/eQTL_to_TWAS

Methods for converting eQTL summary statistics into TWAS SNP-weights

Primary LanguageRGNU General Public License v3.0GPL-3.0

eQTL to TWAS

This repo contains code for deriving TWAS models from eQTL summary statistics. The same code can be used for other molecular features as well (e.g. methylation, protein, chromatin). The models are in FUSION format.

Please refer to and cite our paper comparing approaches for integration of eQTL summary statistics with GWAS summary statistics.


compute_weights.R

This script uses eQTL summary statistics to create TWAS models in a format consistent with FUSION.

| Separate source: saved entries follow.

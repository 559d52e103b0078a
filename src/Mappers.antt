-- ===== src/Mappers.antt =====
-- controller/accesspolicy/mappers.go: which policies are reconciled when another object changes.
mod Relating
mod Examples
use istio_oidc.Common.{
  String, Bool, true, false, List, [], ◌∷◌, Option, none, some, if◌then◌else◌, ◌==◌, ◌&&◌, ◌||◌,
  not, select, map,
}
use istio_oidc.Common.Map.{GoMap}
use istio_oidc.Api.{ApiAccessPolicy}

-- The object that changed: its metadata, and the labels of its workload selector, which only an envoy
-- filter has.
pub record Changed : Type 0 where
  pub namespace : String
  pub name : String
  pub labels : GoMap String

unfoldable pub gw_is_related : Changed → ApiAccessPolicy → Bool
gw_is_related obj policy = policy.spec.gateway == obj.name

unfoldable pub op_is_related : Changed → ApiAccessPolicy → Bool
op_is_related obj policy = policy.spec.oidc.provider == obj.name

unfoldable pub secret_is_related : Changed → ApiAccessPolicy → Bool
secret_is_related obj policy = policy.spec.oidc.credentials_secret.name == obj.name

-- `same_labels` is `reflect.DeepEqual`.
unfoldable pub ef_is_related :
    (GoMap String → GoMap String → Bool) → Changed → ApiAccessPolicy → Bool
ef_is_related same_labels obj policy = same_labels policy.status.selector obj.labels

-- `m.List` of the policies there are, in the object's namespace only if the mapper is namespaced.
unfoldable pub listed_policies : Bool → Changed → List ApiAccessPolicy → List ApiAccessPolicy
listed_policies namespaced obj all =
    select (λ policy. not namespaced || (policy.namespace == obj.namespace)) all

abbrev pub request_of : ApiAccessPolicy → String × String
request_of policy = (policy.namespace, policy.name)

-- `Map`, by what the cluster answers to the listing: the requests to reconcile.
unfoldable pub map_requests :
    Bool
    → (Changed → ApiAccessPolicy → Bool)
    → Changed
    → Option (List ApiAccessPolicy)
    → List (String × String)
unfolding listed_policies
map_requests namespaced is_related obj none = []
map_requests namespaced is_related obj (some all) =
    map request_of (select (is_related obj) (listed_policies namespaced obj all))

-- The mapper of providers.
unfoldable pub map_provider : Changed → Option (List ApiAccessPolicy) → List (String × String)
unfolding map_requests op_is_related
map_provider obj answer = map_requests true op_is_related obj answer
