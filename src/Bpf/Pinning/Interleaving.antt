-- ===== src/Bpf/Pinning/Interleaving.antt =====
-- `mkdir_ret` of examples/object_pinning/ebpf/main.c run by many threads at once. A lookup and an
-- update are atomic, and the scheduler may switch threads between them.
use ebpfmanager.Common.{
  ℕ, ◌≡◌, ◌⊎◌, refl, inl, inr, List, [], ◌∷◌, Option, none, some, arith, sym, ◌∙◌, ◌==◌,
  if◌then◌else◌, subst,
}
use ebpfmanager.Bpf.{
  Kernel, KernelLaws, Program, bpf_printk, bpf_map_lookup_elem, bpf_map_update_elem, return, ◌>>=◌,
  ◌>>◌, update-cases,
}
use ebpfmanager.Bpf.Pinning.{key, value, mkdir_ret}
use ebpfmanager.Bpf.Pinning.Persistence.{Follows, Follows-same, Follows-trans}

-- Where a thread stands in `mkdir_ret`.
pub data Place : Type 0 where
  at_lookup at_update finished : Place

pub record Threads (W : Type 0) : Type 0 where
  pub world : W
  pub place : ℕ → Place

module _ (k : Kernel) (map1 : ℕ) where
  branch : ℕ → Option ℕ → Program k Place
  branch t none = do
    bpf_printk k "(mkdirat ret %d) inserting %d at %d in map1\n" (t ∷ value ∷ key ∷ [])
    return at_update
  branch t (some d) = do
    bpf_printk k "(mkdirat ret %d) data already there, nothing to do\n" (t ∷ [])
    return finished

  -- One uninterrupted piece of `mkdir_ret`.
  pub piece : ℕ → Place → Program k Place
  unfolding branch
  piece t at_lookup = do d ← bpf_map_lookup_elem k map1 key; branch t d
  piece t at_update = do bpf_map_update_elem k map1 key value; return finished
  piece t finished = return finished

  pub turn : ℕ → Threads k.World → Threads k.World
  unfolding piece
  turn t c =
      let (p, w) = piece t (c.place t) c.world in
      record { world = w; place = λ i. if i == t then p else c.place i }

  -- The threads move in the order of the schedule.
  pub run : List ℕ → Threads k.World → Threads k.World
  run [] c = c
  run (t ∷ ts) c = run ts (turn t c)

  branch_whole :
      (t : ℕ) (o : Option ℕ) (w : k.World)
      → k.lookup w map1 key ≡ o
      → (piece t (branch t o w).0 (branch t o w).1).1 ≡ (mkdir_ret k map1 t w).1
  unfolding branch piece mkdir_ret
  branch_whole t none w e = rw e refl
  branch_whole t (some d) w e = rw e refl

  -- A thread that is not interrupted does what `mkdir_ret` does.
  pub piece-whole :
      (t : ℕ) (w : k.World) → ((piece t at_lookup >>= piece t) w).1 ≡ (mkdir_ret k map1 t w).1
  unfolding piece
  piece-whole t w = branch_whole t (k.lookup w map1 key) w refl

module _ (k : Kernel) (laws : KernelLaws k) (map1 : ℕ) where
  open laws use {lookup-printk}

  -- A thread writes only if the entry was absent at the start.
  abbrev Pending : Option ℕ → Place → Type 0
  Pending o at_update = o ≡ none
  Pending o _ = Unit {0}

  branch-Follows :
      (t : ℕ) (o e : Option ℕ) (w : k.World)
      → k.lookup w map1 key ≡ e
      → Follows o e
      → Follows o (k.lookup (branch k map1 t e w).1 map1 key) × Pending o (branch k map1 t e w).0
  unfolding branch
  branch-Follows t none none w h f =
      (Follows-trans none none _ f (Follows-same none _ (lookup-printk w _ _ map1 key ∙ h)), refl)
  branch-Follows t (some d) none w h f = absurd (cc)
  branch-Follows t o (some c) w h f = (
    Follows-trans o (some c) _ f (Follows-same (some c) _ (lookup-printk w _ _ map1 key ∙ h)),
    tt,
  )

  write-Follows :
      (o e c : Option ℕ) → o ≡ none → Follows o e → (c ≡ some value) ⊎ (c ≡ e) → Follows o c
  write-Follows none e c h f (inl new) = inr new
  write-Follows none e c h f (inr old) = Follows-trans none e c f (Follows-same e c old)
  write-Follows (some d) e c h f g = absurd (cc)

  piece-Follows :
      (t : ℕ) (o : Option ℕ) (p : Place) (w : k.World)
      → Pending o p
      → Follows o (k.lookup w map1 key)
      → Follows o (k.lookup (piece k map1 t p w).1 map1 key) × Pending o (piece k map1 t p w).0
  unfolding piece
  piece-Follows t o at_lookup w h f = branch-Follows t o (k.lookup w map1 key) w refl f
  piece-Follows t o at_update w h f =
      (write-Follows o (k.lookup w map1 key) _ h f (update-cases k laws w map1 key value), tt)
  piece-Follows t o finished w h f = (f, tt)

  run-Inv :
      (o : Option ℕ) (ts : List ℕ) (c : Threads k.World)
      → ((i : ℕ) → Pending o (c.place i))
      → Follows o (k.lookup c.world map1 key)
      → Follows o (k.lookup (run k map1 ts c).world map1 key)
  unfolding run turn
  run-Inv o [] c h f = f
  run-Inv o (t ∷ ts) c h f =
      let (f', p) = piece-Follows t o (c.place t) c.world (h t) f in
      run-Inv o ts (turn k map1 t c) (λ i. ground (arith, h i, p)) f'

  -- However the scheduler interleaves any number of threads that start in `mkdir_ret`, an entry
  -- that was in `map1` at key 1 stays, and an absent one stays absent or becomes 42.
  pub run-Follows :
      (ts : List ℕ) (c : Threads k.World)
      → ((i : ℕ) → c.place i ≡ at_lookup)
      → Follows (k.lookup c.world map1 key) (k.lookup (run k map1 ts c).world map1 key)
  run-Follows ts c h =
      run-Inv _ ts c (λ i. subst (Pending _) (sym (h i)) tt) (Follows-same _ _ refl)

The essential software and data requirements vary according to the methods selected to create models. The methods currently implemented are:

  • top1 - Single strongest eQTL
  • PRS-CS - Bayesian polygenic scoring method
  • SBayesR - Bayesian polygenic scoring method, implemented in GCTB
  • DBSLMM - Bayesian polygenic scoring method
  • LDpred2 - Bayesian polygenic scoring method, implemented in bigsnpr
  • lassosum - Lasso-regularised polygenic scoring method
  • SuSiE - SNP fine-mapping software, with polygenic scoring applications

Essential software and data:
  • eQTL summary statistics

    • Must have the following columns: GENE, CHR, SNP, BP, A1, A2, BETA, SE, Z, P, FREQ, N
    • BP must be in genome build GRCh37/hg19
  • Reference plink files

    • For example, 1000 Genomes Phase 3
    • Split by chromosome, containing RSIDs, build GRCh37/hg19
  • R libraries

    install.packages(c('optparse','data.table'))
    
  • GCTB software and GCTB reference data

  • GCTA software


Method specific software and data:
  • PRS-CS

  • DBSLMM

    • DBSLMM software
    • Note. compute_weights.R does not work with the latest version of DBSLMM. You must git reset to a previous branch as follows
    • git reset --hard aa6e7ad5b8a7d3b6905556a4007c4a1fa2925b7d
      
  • LDpred2

  • lassosum

    • install.packages(c('lassosum','fdrtool'))
      
  • SuSiE

    • install.packages('susieR')
      

Example of running the script for a single gene:
Rscript eQTL_to_TWAS/compute_weights.R \
    --id ENSG00000206503 \
    --extract /Data/ldsc/w_hm3.snplist \
    --sumstats /Data/eQTLGen/eQTLGen_sumstats.txt \
    --gcta /Software/gcta_1.94 \
    --gctb /Software/gctb_203 \
    --gctb_ref /Data/gctb_ref/ukbEURu_hm3_shrunk_sparse/ukbEURu_hm3_v3_50k_chr \
    --plink_ref_chr /Data/1KG/Phase3/1KGPhase3.w_hm3.chr \
    --plink_ref_keep /Data/1KG/Phase3/keep_files/EUR_samples.keep \
    --ld_blocks /Data/LDetect/EUR \
    --rscript Rscript \
    --dbslmm /Software/DBSLMM/software \
    --plink /Software/plink1.9 \
    --PRScs_path /Software/PRScs \
    --PRScs_ref_path /Software/PRScs/ldblk_1kg_eur \
    --ldpred2_ref_dir /Data/ldpred2_ref \
    --output /Data/eQTL_to_TWAS/Test

This will create a file called 'ENSG00000206503.RDat' in the folder '/Data/eQTL_to_TWAS/Test'. This can be parallelised across genes, or run linearly for all genes in the --sumstats file by removing the --id parameter.